▶ _EXERCISE AIM_: Reproduce the data that follows in its entirety, character for character.

Data records
******************************

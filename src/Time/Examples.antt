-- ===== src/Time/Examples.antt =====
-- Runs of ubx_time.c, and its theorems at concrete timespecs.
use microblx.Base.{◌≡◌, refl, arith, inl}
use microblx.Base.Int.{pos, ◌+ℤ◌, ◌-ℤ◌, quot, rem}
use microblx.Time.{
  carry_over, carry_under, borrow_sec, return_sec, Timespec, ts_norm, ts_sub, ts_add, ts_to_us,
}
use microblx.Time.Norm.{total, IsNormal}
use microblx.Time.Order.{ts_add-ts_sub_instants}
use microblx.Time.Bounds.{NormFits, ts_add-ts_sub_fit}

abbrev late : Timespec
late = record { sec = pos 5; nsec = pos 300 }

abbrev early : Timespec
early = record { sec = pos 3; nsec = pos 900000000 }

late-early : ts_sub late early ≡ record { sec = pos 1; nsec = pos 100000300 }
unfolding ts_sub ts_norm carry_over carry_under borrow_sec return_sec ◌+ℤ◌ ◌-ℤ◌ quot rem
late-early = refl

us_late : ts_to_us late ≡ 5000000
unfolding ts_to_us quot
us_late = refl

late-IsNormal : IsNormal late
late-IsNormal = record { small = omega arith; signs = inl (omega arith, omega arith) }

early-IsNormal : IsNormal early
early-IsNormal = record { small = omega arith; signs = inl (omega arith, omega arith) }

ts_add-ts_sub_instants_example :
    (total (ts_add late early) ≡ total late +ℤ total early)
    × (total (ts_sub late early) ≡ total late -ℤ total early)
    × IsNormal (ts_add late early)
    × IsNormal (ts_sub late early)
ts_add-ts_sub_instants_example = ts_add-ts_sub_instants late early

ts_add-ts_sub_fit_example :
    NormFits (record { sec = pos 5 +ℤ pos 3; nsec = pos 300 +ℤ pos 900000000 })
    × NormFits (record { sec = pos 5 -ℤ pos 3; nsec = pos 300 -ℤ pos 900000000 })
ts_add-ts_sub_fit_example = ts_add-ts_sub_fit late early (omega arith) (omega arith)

******************************

▶ _OUTPUT OF THE EXERCISE_:
filename src/Time/Examples.antt
-- ===== src/Time/Examples.antt =====
-- Runs of ubx_time.c, and its theorems at concrete timespecs.
use microblx.Base.{◌≡◌, refl, arith, inl}
use microblx.Base.Int.{pos, ◌+ℤ◌, ◌-ℤ◌, quot, rem}
use microblx.Time.{
  carry_over, carry_under, borrow_sec, return_sec, Timespec, ts_norm, ts_sub, ts_add, ts_to_us,
}
use microblx.Time.Norm.{total, IsNormal}
use microblx.Time.Order.{ts_add-ts_sub_instants}
use microblx.Time.Bounds.{NormFits, ts_add-ts_sub_fit}

abbrev late : Timespec
late = record { sec = pos 5; nsec = pos 300 }

abbrev early : Timespec
early = record { sec = pos 3; nsec = pos 900000000 }

late-early : ts_sub late early ≡ record { sec = pos 1; nsec = pos 100000300 }
unfolding ts_sub ts_norm carry_over carry_under borrow_sec return_sec ◌+ℤ◌ ◌-ℤ◌ quot rem
late-early = refl

us_late : ts_to_us late ≡ 5000000
unfolding ts_to_us quot
us_late = refl

late-IsNormal : IsNormal late
late-IsNormal = record { small = omega arith; signs = inl (omega arith, omega arith) }

early-IsNormal : IsNormal early
early-IsNormal = record { small = omega arith; signs = inl (omega arith, omega arith) }

ts_add-ts_sub_instants_example :
    (total (ts_add late early) ≡ total late +ℤ total early)
    × (total (ts_sub late early) ≡ total late -ℤ total early)
    × IsNormal (ts_add late early)
    × IsNormal (ts_sub late early)
ts_add-ts_sub_instants_example = ts_add-ts_sub_instants late early

ts_add-ts_sub_fit_example :
    NormFits (record { sec = pos 5 +ℤ pos 3; nsec = pos 300 +ℤ pos 900000000 })
    × NormFits (record { sec = pos 5 -ℤ pos 3; nsec = pos 300 -ℤ pos 900000000 })
ts_add-ts_sub_fit_example = ts_add-ts_sub_fit late early (omega arith) (omega arith)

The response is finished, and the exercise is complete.